Only one stretch of the listing below is wanted: every line from the first to the line containing "pub user_by_email : String", set down exactly.

=== Begin Enclosure ===

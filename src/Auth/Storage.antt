-- ===== src/Auth/Storage.antt =====
-- What src/auth asks of the database, of bcrypt and of the JWT library: interfaces over the database's
-- state `S`, with the documented behaviour that the properties rely on.
use atraport_api.Prelude.{ℕ, String, Bool, true, Option, none, some, ◌≡◌, truthy, if◌then◌else◌}
use text.Mathlib.Text.{◌==◌}
use atraport_api.Auth.Types.{User, JwtPayload}

-- `update` sets columns of the row with that id. `add_revoked` inserts a row, unless its `jti`, which is
-- unique, is there: then it throws.
pub record Database (S : Type 0) : Type 0 where
  pub user_by_id : String → S → Option User
  pub user_by_email : String → S → Option User
  pub user_by_social : String → String → S → Option User
  pub active_user_by_prefix : String → S → Option User
  pub update : String → (User → User) → S → S
  pub insert : User → S → S
  pub is_revoked : String → S → Bool
  pub add_revoked : String → ℕ → S → Option S
  pub purge_revoked : ℕ → S → S

abbrev pub changed : (User → User) → Option User → Option User
changed f none = none
changed f (some u) = some (f u)

pub record DatabaseLaws {S : Type 0} (db : Database S) : Type 0 where
  pub user_by_id-update :
      (id other : String) (f : User → User) (s : S)
      → db.user_by_id other (db.update id f s)
        ≡ (if id == other then changed f (db.user_by_id other s) else db.user_by_id other s)
  pub user_by_id-add_revoked :
      (jti id : String) (t : ℕ) (s s' : S)
      → db.add_revoked jti t s ≡ some s'
      → db.user_by_id id s' ≡ db.user_by_id id s
  pub is_revoked-update :
      (id jti : String) (f : User → User) (s : S)
      → db.is_revoked jti (db.update id f s) ≡ db.is_revoked jti s
  pub is_revoked-add_revoked :
      (jti : String) (t : ℕ) (s s' : S)
      → db.add_revoked jti t s ≡ some s'
      → db.is_revoked jti s' ≡ true
  pub add_revoked-none :
      (jti : String) (t : ℕ) (s : S) → db.add_revoked jti t s ≡ none → db.is_revoked jti s ≡ true

-- `hash` takes the salt that bcrypt draws. `decode` does not check the signature; `none` is a token that
-- is malformed.
pub record Crypto : Type 0 where
  pub hash : String → String → String
  pub compare : String → String → Bool
  pub sign : JwtPayload → ℕ → String
  pub decode : String → Option JwtPayload

-- What is drawn at random: for a pair of tokens, and the password of a user that Google vouches for.
pub record Drawn : Type 0 where
  pub password : String
  pub jti : String
  pub token : String
  pub salt : String

-- bcrypt recognises what it hashed, and its hashes are not empty.
pub record CryptoLaws (crypto : Crypto) : Type 0 where
  pub compare-hash : (salt text : String) → crypto.compare text (crypto.hash salt text) ≡ true
  pub hash_truthy :
      (salt text : String) → truthy (some (crypto.hash salt text)) ≡ some (crypto.hash salt text)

=== End Enclosure ===

● Finished task
filename src/Auth/Storage.antt
-- ===== src/Auth/Storage.antt =====
-- What src/auth asks of the database, of bcrypt and of the JWT library: interfaces over the database's
-- state `S`, with the documented behaviour that the properties rely on.
use atraport_api.Prelude.{ℕ, String, Bool, true, Option, none, some, ◌≡◌, truthy, if◌then◌else◌}
use text.Mathlib.Text.{◌==◌}
use atraport_api.Auth.Types.{User, JwtPayload}

-- `update` sets columns of the row with that id. `add_revoked` inserts a row, unless its `jti`, which is
-- unique, is there: then it throws.
pub record Database (S : Type 0) : Type 0 where
  pub user_by_id : String → S → Option User
  pub user_by_email : String → S → Option User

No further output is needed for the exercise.